### RECORDED DATA
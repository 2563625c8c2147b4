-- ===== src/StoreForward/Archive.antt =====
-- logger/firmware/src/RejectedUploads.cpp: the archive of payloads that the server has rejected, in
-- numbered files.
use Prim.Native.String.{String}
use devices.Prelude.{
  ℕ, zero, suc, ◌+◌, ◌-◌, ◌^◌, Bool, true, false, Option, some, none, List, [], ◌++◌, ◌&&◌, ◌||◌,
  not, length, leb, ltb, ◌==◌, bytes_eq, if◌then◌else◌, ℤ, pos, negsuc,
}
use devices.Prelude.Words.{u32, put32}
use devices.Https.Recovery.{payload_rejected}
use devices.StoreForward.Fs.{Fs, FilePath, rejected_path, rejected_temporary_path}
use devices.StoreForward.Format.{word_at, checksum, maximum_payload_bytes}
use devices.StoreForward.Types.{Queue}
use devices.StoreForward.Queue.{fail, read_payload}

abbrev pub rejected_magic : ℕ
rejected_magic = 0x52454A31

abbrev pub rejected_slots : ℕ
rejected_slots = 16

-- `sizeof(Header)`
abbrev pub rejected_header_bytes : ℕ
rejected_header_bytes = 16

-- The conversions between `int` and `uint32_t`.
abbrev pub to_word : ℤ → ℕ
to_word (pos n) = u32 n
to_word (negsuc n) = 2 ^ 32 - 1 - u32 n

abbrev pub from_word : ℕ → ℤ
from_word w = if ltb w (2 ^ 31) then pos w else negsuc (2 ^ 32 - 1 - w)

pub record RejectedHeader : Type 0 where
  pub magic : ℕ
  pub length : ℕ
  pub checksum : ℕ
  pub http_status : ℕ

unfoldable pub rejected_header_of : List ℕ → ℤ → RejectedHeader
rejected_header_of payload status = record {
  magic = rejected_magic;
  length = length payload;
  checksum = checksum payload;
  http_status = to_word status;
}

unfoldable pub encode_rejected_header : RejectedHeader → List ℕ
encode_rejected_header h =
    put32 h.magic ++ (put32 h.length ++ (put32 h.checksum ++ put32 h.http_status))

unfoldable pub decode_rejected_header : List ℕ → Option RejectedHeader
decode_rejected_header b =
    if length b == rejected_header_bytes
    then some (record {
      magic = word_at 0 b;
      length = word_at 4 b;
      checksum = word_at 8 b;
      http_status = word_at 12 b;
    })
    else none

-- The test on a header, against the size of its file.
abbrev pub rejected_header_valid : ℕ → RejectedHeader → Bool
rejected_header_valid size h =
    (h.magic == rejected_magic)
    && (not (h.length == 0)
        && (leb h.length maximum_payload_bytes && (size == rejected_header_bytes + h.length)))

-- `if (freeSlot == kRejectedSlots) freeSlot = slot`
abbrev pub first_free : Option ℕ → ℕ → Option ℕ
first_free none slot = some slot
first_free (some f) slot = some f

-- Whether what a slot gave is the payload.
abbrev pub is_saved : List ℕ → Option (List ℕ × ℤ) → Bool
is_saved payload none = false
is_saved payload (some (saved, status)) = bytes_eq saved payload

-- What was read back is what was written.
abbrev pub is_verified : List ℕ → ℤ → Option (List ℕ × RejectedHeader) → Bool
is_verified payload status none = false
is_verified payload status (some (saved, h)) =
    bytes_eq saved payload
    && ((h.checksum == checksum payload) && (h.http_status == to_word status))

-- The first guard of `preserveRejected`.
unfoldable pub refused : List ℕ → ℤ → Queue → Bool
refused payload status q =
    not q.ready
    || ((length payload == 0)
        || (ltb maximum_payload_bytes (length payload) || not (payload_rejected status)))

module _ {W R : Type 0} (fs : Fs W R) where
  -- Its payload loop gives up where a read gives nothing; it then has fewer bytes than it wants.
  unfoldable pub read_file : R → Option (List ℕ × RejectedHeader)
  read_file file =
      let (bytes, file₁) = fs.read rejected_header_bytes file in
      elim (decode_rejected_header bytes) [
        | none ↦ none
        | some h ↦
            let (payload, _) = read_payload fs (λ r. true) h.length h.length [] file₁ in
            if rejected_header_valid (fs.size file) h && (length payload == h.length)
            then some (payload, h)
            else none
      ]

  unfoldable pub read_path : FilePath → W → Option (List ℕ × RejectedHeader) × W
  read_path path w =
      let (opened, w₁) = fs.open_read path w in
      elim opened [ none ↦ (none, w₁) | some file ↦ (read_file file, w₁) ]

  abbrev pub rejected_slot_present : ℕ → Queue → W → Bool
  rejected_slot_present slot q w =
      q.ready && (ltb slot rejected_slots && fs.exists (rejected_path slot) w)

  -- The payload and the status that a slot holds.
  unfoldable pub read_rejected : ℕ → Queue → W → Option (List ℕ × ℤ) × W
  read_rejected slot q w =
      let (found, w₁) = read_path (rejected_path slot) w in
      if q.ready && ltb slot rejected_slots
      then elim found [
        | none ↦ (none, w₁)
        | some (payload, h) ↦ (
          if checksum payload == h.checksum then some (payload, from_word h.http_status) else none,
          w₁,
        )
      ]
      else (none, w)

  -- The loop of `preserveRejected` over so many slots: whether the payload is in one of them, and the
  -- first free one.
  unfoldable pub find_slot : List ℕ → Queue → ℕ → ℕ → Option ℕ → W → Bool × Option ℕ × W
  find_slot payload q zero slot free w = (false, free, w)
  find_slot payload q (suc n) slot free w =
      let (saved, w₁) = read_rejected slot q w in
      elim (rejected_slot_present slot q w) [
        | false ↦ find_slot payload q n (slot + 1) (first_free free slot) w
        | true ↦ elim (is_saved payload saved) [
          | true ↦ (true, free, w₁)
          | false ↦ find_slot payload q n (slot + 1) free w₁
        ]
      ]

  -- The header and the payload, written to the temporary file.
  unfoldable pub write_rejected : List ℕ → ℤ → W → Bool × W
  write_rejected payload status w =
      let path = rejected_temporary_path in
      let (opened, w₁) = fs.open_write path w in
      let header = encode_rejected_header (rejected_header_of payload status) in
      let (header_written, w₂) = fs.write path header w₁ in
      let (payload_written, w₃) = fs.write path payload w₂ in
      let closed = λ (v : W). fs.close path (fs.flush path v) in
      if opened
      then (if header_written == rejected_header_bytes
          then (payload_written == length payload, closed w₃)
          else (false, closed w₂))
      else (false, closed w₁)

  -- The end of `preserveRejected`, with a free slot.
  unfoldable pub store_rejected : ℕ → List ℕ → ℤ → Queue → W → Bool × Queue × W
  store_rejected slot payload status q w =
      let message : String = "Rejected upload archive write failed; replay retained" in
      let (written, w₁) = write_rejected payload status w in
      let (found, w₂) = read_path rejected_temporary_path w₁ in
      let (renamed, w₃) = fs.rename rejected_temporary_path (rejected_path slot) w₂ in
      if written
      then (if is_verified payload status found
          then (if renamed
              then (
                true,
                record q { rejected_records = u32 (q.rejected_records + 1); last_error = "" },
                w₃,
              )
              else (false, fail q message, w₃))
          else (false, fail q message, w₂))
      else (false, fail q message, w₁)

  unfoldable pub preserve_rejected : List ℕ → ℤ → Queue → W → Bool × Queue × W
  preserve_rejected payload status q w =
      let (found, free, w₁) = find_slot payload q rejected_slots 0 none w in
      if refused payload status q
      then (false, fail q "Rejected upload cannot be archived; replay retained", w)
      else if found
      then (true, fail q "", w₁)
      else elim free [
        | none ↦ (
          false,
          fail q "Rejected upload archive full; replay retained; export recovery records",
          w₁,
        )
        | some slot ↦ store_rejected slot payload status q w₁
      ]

### EXERCISE INSTRUCTIONS
The records above should be given again in full, exactly as written.

### ANSWER TO THIS TASK
repository 2563625c8c2147b4
-- ===== src/StoreForward/Archive.antt =====
-- logger/firmware/src/RejectedUploads.cpp: the archive of payloads that the server has rejected, in
-- numbered files.
use Prim.Native.String.{String}
use devices.Prelude.{
  ℕ, zero, suc, ◌+◌, ◌-◌, ◌^◌, Bool, true, false, Option, some, none, List, [], ◌++◌, ◌&&◌, ◌||◌,
  not, length, leb, ltb, ◌==◌, bytes_eq, if◌then◌else◌, ℤ, pos, negsuc,
}
use devices.Prelude.Words.{u32, put32}
use devices.Https.Recovery.{payload_rejected}
use devices.StoreForward.Fs.{Fs, FilePath, rejected_path, rejected_temporary_path}
use devices.StoreForward.Format.{word_at, checksum, maximum_payload_bytes}
use devices.StoreForward.Types.{Queue}
use devices.StoreForward.Queue.{fail, read_payload}

abbrev pub rejected_magic : ℕ
rejected_magic = 0x52454A31

abbrev pub rejected_slots : ℕ
rejected_slots = 16

-- `sizeof(Header)`
abbrev pub rejected_header_bytes : ℕ
rejected_header_bytes = 16

-- The conversions between `int` and `uint32_t`.
abbrev pub to_word : ℤ → ℕ
to_word (pos n) = u32 n
to_word (negsuc n) = 2 ^ 32 - 1 - u32 n

abbrev pub from_word : ℕ → ℤ
from_word w = if ltb w (2 ^ 31) then pos w else negsuc (2 ^ 32 - 1 - w)

pub record RejectedHeader : Type 0 where
  pub magic : ℕ
  pub length : ℕ
  pub checksum : ℕ
  pub http_status : ℕ

unfoldable pub rejected_header_of : List ℕ → ℤ → RejectedHeader
rejected_header_of payload status = record {
  magic = rejected_magic;
  length = length payload;
  checksum = checksum payload;
  http_status = to_word status;
}

unfoldable pub encode_rejected_header : RejectedHeader → List ℕ
encode_rejected_header h =
    put32 h.magic ++ (put32 h.length ++ (put32 h.checksum ++ put32 h.http_status))

unfoldable pub decode_rejected_header : List ℕ → Option RejectedHeader
decode_rejected_header b =
    if length b == rejected_header_bytes
    then some (record {
      magic = word_at 0 b;
      length = word_at 4 b;
      checksum = word_at 8 b;
      http_status = word_at 12 b;
    })
    else none

-- The test on a header, against the size of its file.
abbrev pub rejected_header_valid : ℕ → RejectedHeader → Bool
rejected_header_valid size h =
    (h.magic == rejected_magic)
    && (not (h.length == 0)
        && (leb h.length maximum_payload_bytes && (size == rejected_header_bytes + h.length)))

-- `if (freeSlot == kRejectedSlots) freeSlot = slot`
abbrev pub first_free : Option ℕ → ℕ → Option ℕ
first_free none slot = some slot
first_free (some f) slot = some f

-- Whether what a slot gave is the payload.
abbrev pub is_saved : List ℕ → Option (List ℕ × ℤ) → Bool
is_saved payload none = false
is_saved payload (some (saved, status)) = bytes_eq saved payload

-- What was read back is what was written.
abbrev pub is_verified : List ℕ → ℤ → Option (List ℕ × RejectedHeader) → Bool
is_verified payload status none = false
is_verified payload status (some (saved, h)) =
    bytes_eq saved payload
    && ((h.checksum == checksum payload) && (h.http_status == to_word status))

-- The first guard of `preserveRejected`.
unfoldable pub refused : List ℕ → ℤ → Queue → Bool
refused payload status q =
    not q.ready
    || ((length payload == 0)
        || (ltb maximum_payload_bytes (length payload) || not (payload_rejected status)))

module _ {W R : Type 0} (fs : Fs W R) where
  -- Its payload loop gives up where a read gives nothing; it then has fewer bytes than it wants.
  unfoldable pub read_file : R → Option (List ℕ × RejectedHeader)
  read_file file =
      let (bytes, file₁) = fs.read rejected_header_bytes file in
      elim (decode_rejected_header bytes) [
        | none ↦ none
        | some h ↦
            let (payload, _) = read_payload fs (λ r. true) h.length h.length [] file₁ in
            if rejected_header_valid (fs.size file) h && (length payload == h.length)
            then some (payload, h)
            else none
      ]

  unfoldable pub read_path : FilePath → W → Option (List ℕ × RejectedHeader) × W
  read_path path w =
      let (opened, w₁) = fs.open_read path w in
      elim opened [ none ↦ (none, w₁) | some file ↦ (read_file file, w₁) ]

  abbrev pub rejected_slot_present : ℕ → Queue → W → Bool
  rejected_slot_present slot q w =
      q.ready && (ltb slot rejected_slots && fs.exists (rejected_path slot) w)

  -- The payload and the status that a slot holds.
  unfoldable pub read_rejected : ℕ → Queue → W → Option (List ℕ × ℤ) × W
  read_rejected slot q w =
      let (found, w₁) = read_path (rejected_path slot) w in
      if q.ready && ltb slot rejected_slots
      then elim found [
        | none ↦ (none, w₁)
        | some (payload, h) ↦ (
          if checksum payload == h.checksum then some (payload, from_word h.http_status) else none,
          w₁,
        )
      ]
      else (none, w)

  -- The loop of `preserveRejected` over so many slots: whether the payload is in one of them, and the
  -- first free one.
  unfoldable pub find_slot : List ℕ → Queue → ℕ → ℕ → Option ℕ → W → Bool × Option ℕ × W
  find_slot payload q zero slot free w = (false, free, w)
  find_slot payload q (suc n) slot free w =
      let (saved, w₁) = read_rejected slot q w in
      elim (rejected_slot_present slot q w) [
        | false ↦ find_slot payload q n (slot + 1) (first_free free slot) w
        | true ↦ elim (is_saved payload saved) [
          | true ↦ (true, free, w₁)
          | false ↦ find_slot payload q n (slot + 1) free w₁
        ]
      ]

  -- The header and the payload, written to the temporary file.
  unfoldable pub write_rejected : List ℕ → ℤ → W → Bool × W
  write_rejected payload status w =
      let path = rejected_temporary_path in
      let (opened, w₁) = fs.open_write path w in
      let header = encode_rejected_header (rejected_header_of payload status) in
      let (header_written, w₂) = fs.write path header w₁ in
      let (payload_written, w₃) = fs.write path payload w₂ in
      let closed = λ (v : W). fs.close path (fs.flush path v) in
      if opened
      then (if header_written == rejected_header_bytes
          then (payload_written == length payload, closed w₃)
          else (false, closed w₂))
      else (false, closed w₁)

  -- The end of `preserveRejected`, with a free slot.
  unfoldable pub store_rejected : ℕ → List ℕ → ℤ → Queue → W → Bool × Queue × W
  store_rejected slot payload status q w =
      let message : String = "Rejected upload archive write failed; replay retained" in
      let (written, w₁) = write_rejected payload status w in
      let (found, w₂) = read_path rejected_temporary_path w₁ in
      let (renamed, w₃) = fs.rename rejected_temporary_path (rejected_path slot) w₂ in
      if written
      then (if is_verified payload status found
          then (if renamed
              then (
                true,
                record q { rejected_records = u32 (q.rejected_records + 1); last_error = "" },
                w₃,
              )
              else (false, fail q message, w₃))
          else (false, fail q message, w₂))
      else (false, fail q message, w₁)

  unfoldable pub preserve_rejected : List ℕ → ℤ → Queue → W → Bool × Queue × W
  preserve_rejected payload status q w =
      let (found, free, w₁) = find_slot payload q rejected_slots 0 none w in
      if refused payload status q
      then (false, fail q "Rejected upload cannot be archived; replay retained", w)
      else if found
      then (true, fail q "", w₁)
      else elim free [
        | none ↦ (
          false,
          fail q "Rejected upload archive full; replay retained; export recovery records",
          w₁,
        )
        | some slot ↦ store_rejected slot payload status q w₁
      ]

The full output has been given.